> _Task statement_
Print nothing except the lines of the listing below from the line with "-- The analysis" to the line with "Option A → Type 0", each exactly as written, both ends included.
BEGIN
-- ===== src/Interference/Total.antt =====
-- The analysis of an action always ends: in a pool where children stand before their parents, with
-- more fuel than the handles that the action has.
use ran_tan_plan.Prelude.{
  ℕ, zero, suc, ◌≡◌, refl, inl, inr, Bool, true, false, not, ◌&&◌, Option, some, List, [], ◌∷◌,
  arith, if◌then◌else◌, ◌>>=◌, In,
}
use ran_tan_plan.Expr.Kinds.{ExprOperator}
use ran_tan_plan.Expr.Node.{ExprId, null, ref}
use ran_tan_plan.Expr.Pool.{is_op, children, arguments, tail}
use ran_tan_plan.Expr.Pool.Laws.{Below, IsOrdered}
use ran_tan_plan.Problem.{Problem, Action, EffectExpression, is_assign, is_bool_type}
use ran_tan_plan.Interference.{
  Collection, collect_fluent, collect_each, is_fluent, collect_from, nothing_collected, collect_all,
  ActionAnalysis, nothing_analyzed, record_preconditions, analyze_preconditions, analyze_condition,
  analyze_value, analyze_effects, analyze_action,
}

abbrev Returns : {A : Type 0} → Option A → Type 0
Returns {A} o = (a : A) × (o ≡ some a)

either :
    {A : Type 0} (b : Bool) (x y : Option A) → Returns x → Returns y → Returns (if b then x else y)
either true x y h k = h
either false x y h k = k

then_some : {A B : Type 0} (x : Option A) (f : A → B) → Returns x → Returns (x >>= λ a. some (f a))
then_some x f (a, e) = (f a, rw e)

-- The handles of an effect lie below the fuel.
abbrev pub EffectBelow : ℕ → EffectExpression → Type 0
EffectBelow fuel e = Below fuel e.condition_id × Below fuel e.value_id

module _ (p : Problem) (o : IsOrdered p.pool) where
  each-Returns :
      (call : ExprId → Collection → Option Collection) (es : List ExprId) (c : Collection)
      → ((e : ExprId) → In e es → (d : Collection) → Returns (call e d))
      → Returns (collect_each call es c)
  unfolding collect_each
  each-Returns call [] c h = (c, refl)
  each-Returns call (e ∷ es) c h =
      let (d, first) = h e (inl refl) c in
      let (r, rest) = each-Returns call es d (λ x m. h x (inr m)) in (r, rw first rest)

  collect_from-Returns :
      (fuel : ℕ) (b : Bool) (e : ExprId) (c : Collection)
      → Below fuel e
      → Returns (collect_from p fuel b e c)
  unfolding collect_from arguments
  collect_from-Returns zero b null c h = (c, refl)
  collect_from-Returns (suc fuel) b null c h = (c, refl)
  collect_from-Returns zero b (ref i) c h = absurd (omega arith)
  collect_from-Returns (suc fuel) b (ref i) c h =
      either (is_op p.pool (ref i) ExprOperator.not) _ _
        (each-Returns (collect_from p fuel (not b)) _ c (λ e m d.
          collect_from-Returns fuel (not b) e d
            (lower e (o i e (in_tail (children p.pool (ref i)) e m)))))
        (either (is_fluent p.pool (ref i)) _ _ (collect_fluent p b (ref i) c, refl)
          (each-Returns (collect_from p fuel b) _ c
            (λ e m d. collect_from-Returns fuel b e d (lower e (o i e m)))))
    where
      lower : (c : ExprId) → Below i c → Below fuel c
      lower null k = tt
      lower (ref c) k = omega arith

      in_tail : (cs : List ExprId) (e : ExprId) → In e (tail cs) → In e cs
      in_tail [] e m = m
      in_tail (c ∷ cs) e m = inr m

  collect_all-Returns : (fuel : ℕ) (e : ExprId) → Below fuel e → Returns (collect_all p fuel e)
  unfolding collect_all
  collect_all-Returns fuel e h = collect_from-Returns fuel false e nothing_collected h

  condition-Returns :
      (fuel : ℕ) (e : EffectExpression) (r : ActionAnalysis)
      → Below fuel e.condition_id
      → Returns (analyze_condition p fuel e r)
  unfolding analyze_condition
  condition-Returns fuel e r low =
      either e.is_conditional _ _ (then_some _ _ (collect_all-Returns fuel e.condition_id low))
        (r, refl)

  value-Returns :
      (fuel : ℕ) (e : EffectExpression) (r : ActionAnalysis)
      → Below fuel e.value_id
      → Returns (analyze_value p fuel e r)
  unfolding analyze_value
  value-Returns fuel e r low =
      either (is_assign e.kind && is_bool_type p e.fluent_id) _ _ (_, refl)
        (then_some _ _ (collect_all-Returns fuel e.value_id low))

  effects-Returns :
      (fuel : ℕ) (es : List EffectExpression) (r : ActionAnalysis)
      → ((e : EffectExpression) → In e es → EffectBelow fuel e)
      → Returns (analyze_effects p fuel es r)
  unfolding analyze_effects
  effects-Returns fuel [] r h = (r, refl)
  effects-Returns fuel (e ∷ es) r h =
      let below = h e (inl refl) in
      let (r1, e1) =
        condition-Returns fuel e (record r { all_effects = e.fluent_id ∷ r.all_effects }) below.0 in
      let (r2, e2) = value-Returns fuel e r1 below.1 in
      let (r3, e3) = effects-Returns fuel es r2 (λ x m. h x (inr m)) in (r3, rw (e1, e2) e3)

  pub analyze_action-Returns :
      (fuel : ℕ) (a : Action)
      → Below fuel a.precondition_id
      → ((e : EffectExpression) → In e a.effects → EffectBelow fuel e)
      → Returns (analyze_action p fuel a)
  unfolding analyze_action analyze_preconditions
  analyze_action-Returns fuel a low h =
      let (r, e) =
        either a.has_precondition _ _
          (then_some _ (record_preconditions nothing_analyzed)
            (collect_all-Returns fuel a.precondition_id low))
          (nothing_analyzed, refl) in
      let (s, e') = effects-Returns fuel a.effects r h in (s, rw e e')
END
> _Output_
-- The analysis of an action always ends: in a pool where children stand before their parents, with
-- more fuel than the handles that the action has.
use ran_tan_plan.Prelude.{
  ℕ, zero, suc, ◌≡◌, refl, inl, inr, Bool, true, false, not, ◌&&◌, Option, some, List, [], ◌∷◌,
  arith, if◌then◌else◌, ◌>>=◌, In,
}
use ran_tan_plan.Expr.Kinds.{ExprOperator}
use ran_tan_plan.Expr.Node.{ExprId, null, ref}
use ran_tan_plan.Expr.Pool.{is_op, children, arguments, tail}
use ran_tan_plan.Expr.Pool.Laws.{Below, IsOrdered}
use ran_tan_plan.Problem.{Problem, Action, EffectExpression, is_assign, is_bool_type}
use ran_tan_plan.Interference.{
  Collection, collect_fluent, collect_each, is_fluent, collect_from, nothing_collected, collect_all,
  ActionAnalysis, nothing_analyzed, record_preconditions, analyze_preconditions, analyze_condition,
  analyze_value, analyze_effects, analyze_action,
}

abbrev Returns : {A : Type 0} → Option A → Type 0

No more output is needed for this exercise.